→ **Dataset excerpts**:
*** Block opens ***
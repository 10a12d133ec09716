-- ===== src/Middleware/RateLimiter/Window.antt =====
-- The fixed window: how many requests the script admits, and what `Retry-After` promises.
use mcp_agent_gateway.Base.{
  sym, ℕ, zero, suc, ◌+◌, ◌-◌, ◌*◌, ◌≤◌, ◌<◌, leb, String, string_eq, Bool, true, false, none, some,
  List, [], ◌∷◌, length, ◌≡◌, refl, ap, arith, ltb, Bool-cases, inl, inr,
}
use mcp_agent_gateway.Redis.Counters.{Counters, IsLawful, live_counter}
use mcp_agent_gateway.Middleware.RateLimiter.{script, expire_first, retry_after}

module _ (C : Counters) (L : IsLawful C) (key : String) (limit window : ℕ) where
  -- the state behind a script that ran at `now`
  abbrev pub after : C.State → ℕ → C.State
  after s now = (script C s now key limit window).2

  abbrev pub admitted : C.State → ℕ → Bool
  admitted s now = (script C s now key limit window).0

  -- The counter has the value `n` and the deadline `d`, seen from `now` on.
  abbrev pub Counts : C.State → ℕ → ℕ → ℕ → Type 0
  Counts s now n d =
      (u : ℕ)
      → now ≤ u
      → L.counter s u key ≡ live_counter u (some (record { value = n; deadline = some d }))

  Counts-first :
      (s : C.State) (now : ℕ)
      → 0 < window
      → L.counter s now key ≡ none
      → (admitted s now ≡ leb 1 limit) × Counts (after s now) now 1 (now + window * 1000)
  unfolding script expire_first
  Counts-first s now w new = (
    ground (arith, L.incr_result s now key, new),
    λ u h. ground (
      arith,
      L.incr_result s now key,
      new,
      L.counter-incr s now now key key,
      L.counter-pexpire (C.incr s now key).1 now u key (window * 1000) key,
    ),
  )

  Counts-next :
      (s : C.State) (now n d : ℕ)
      → 0 < n
      → now < d
      → Counts s now n d
      → (admitted s now ≡ leb (n + 1) limit) × Counts (after s now) now (n + 1) d
  unfolding script expire_first
  Counts-next s now n d p l c = (
    ground (arith, L.incr_result s now key, c now),
    λ u h. ground (arith, L.incr_result s now key, c now, L.counter-incr s now u key key),
  )

  -- what the script decides at a sequence of instants
  abbrev pub decisions : C.State → List ℕ → List Bool
  decisions s [] = []
  decisions s (t ∷ ts) = admitted s t ∷ decisions (after s t) ts

-- The instants do not go back, and lie before `d`.
abbrev pub Within : ℕ → ℕ → List ℕ → Type 0
Within now d [] = Unit
Within now d (t ∷ ts) = (now ≤ t) × (t < d) × Within t d ts

-- `limit` admissions, and rejections from then on
abbrev pub firsts : ℕ → ℕ → List Bool
firsts limit zero = []
firsts zero (suc m) = false ∷ firsts zero m
firsts (suc limit) (suc m) = true ∷ firsts limit m

-- the same from a count that has been reached
abbrev quota : ℕ → ℕ → List ℕ → List Bool
quota limit n [] = []
quota limit n (t ∷ ts) = leb (n + 1) limit ∷ quota limit (n + 1) ts

quota-eq-firsts : (limit n : ℕ) (ts : List ℕ) → quota limit n ts ≡ firsts (limit - n) (length ts)
quota-eq-firsts limit n [] = refl
quota-eq-firsts limit n (t ∷ ts) = elim (Bool-cases (ltb n limit)) [
  | inl more ↦
      let e : limit - n ≡ suc (limit - (n + 1)) = ground arith in
      let admits : leb (n + 1) limit ≡ true = ground arith in
      rw (e, admits, quota-eq-firsts limit (n + 1) ts) refl
  | inr reached ↦
      let e : limit - n ≡ zero = ground arith in
      let e' : limit - (n + 1) ≡ zero = ground arith in
      let rejects : leb (n + 1) limit ≡ false = ground arith in
      rw (e, rejects, quota-eq-firsts limit (n + 1) ts, e') refl
]

retry_after-≤ : (now d u : ℕ) → now + retry_after (some (d - now)) * 1000 ≤ u → d ≤ u
unfolding retry_after
retry_after-≤ now d u h = omega arith

module _ (C : Counters) (L : IsLawful C) (key : String) (limit window : ℕ) where
  decisions-eq-quota :
      (ts : List ℕ) (s : C.State) (now n d : ℕ)
      → 0 < n
      → Counts C L key limit window s now n d
      → Within now d ts
      → decisions C L key limit window s ts ≡ quota limit n ts
  decisions-eq-quota [] s now n d p c w = refl
  decisions-eq-quota (t ∷ ts) s now n d p c (h, l, w) =
      let (a, c') = Counts-next C L key limit window s t n d p l (λ u k. c u (omega arith)) in
      cc (a, decisions-eq-quota ts (after C L key limit window s t) t (n + 1) d (omega arith) c' w)

  -- On a lawful server with a window that is not empty, of the requests of one window, the first at
  -- an instant where the key has no counter and the others before the window ends, the script
  -- admits the first `limit` and rejects all others.
  pub decisions-eq-firsts :
      (s : C.State) (t : ℕ) (ts : List ℕ)
      → 0 < window
      → L.counter s t key ≡ none
      → Within t (t + window * 1000) ts
      → decisions C L key limit window s (t ∷ ts) ≡ firsts limit (length (t ∷ ts))
  decisions-eq-firsts s t ts w new within =
      let (a, c) = Counts-first C L key limit window s t w new in
      let rest =
        decisions-eq-quota ts (after C L key limit window s t) t 1 (t + window * 1000) (omega arith)
          c within in
      let e : limit - 0 ≡ limit = omega arith in
      cc (a, rest, quota-eq-firsts limit 0 (t ∷ ts), ap (λ l. firsts l (length (t ∷ ts))) e)

  ttl_of_window :
      (s : C.State) (now n d : ℕ)
      → now < d
      → Counts C L key limit window (after C L key limit window s now) now n d
      → (script C s now key limit window).1 ≡ some (d - now)
  unfolding script
  ttl_of_window s now n d l c =
      ground (arith, L.pttl_lem (after C L key limit window s now) now key, c now (omega arith))

  first_admitted :
      (s : C.State) (u : ℕ)
      → L.counter s u key ≡ none
      → admitted C L key limit window s u ≡ leb 1 limit
  unfolding script
  first_admitted s u gone = ground (arith, L.incr_result s u key, gone)

  -- On a lawful server, after a request that finds `n` others, one at least, counted in a window
  -- that ends at `d`: once the seconds that its answer's `Retry-After` names have gone by, the
  -- counter is gone, and the next request is admitted whenever one request per window is allowed.
  pub retry_after-reopens :
      (s : C.State) (now n d u : ℕ)
      → 0 < n
      → now < d
      → Counts C L key limit window s now n d
      → now + retry_after (script C s now key limit window).1 * 1000 ≤ u
      → (L.counter (after C L key limit window s now) u key ≡ none)
        × (admitted C L key limit window (after C L key limit window s now) u ≡ leb 1 limit)
  retry_after-reopens s now n d u p l c h =
      let (a, c') = Counts-next C L key limit window s now n d p l c in
      let ttl = ttl_of_window s now (n + 1) d l c' in
      let ends : d ≤ u = retry_after-≤ now d u (rw (sym ttl) h) in
      let gone : L.counter (after C L key limit window s now) u key ≡ none =
        ground (arith, c' u (omega arith)) in
      let fresh = L.incr_result (after C L key limit window s now) u key in
      (gone, first_admitted (after C L key limit window s now) u gone)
*** Block closes ***
Filter the entries by the string "others" and copy each matching line.

  -- an instant where the key has no counter and the others before the window ends, the script
  -- admits the first `limit` and rejects all others.
  -- On a lawful server, after a request that finds `n` others, one at least, counted in a window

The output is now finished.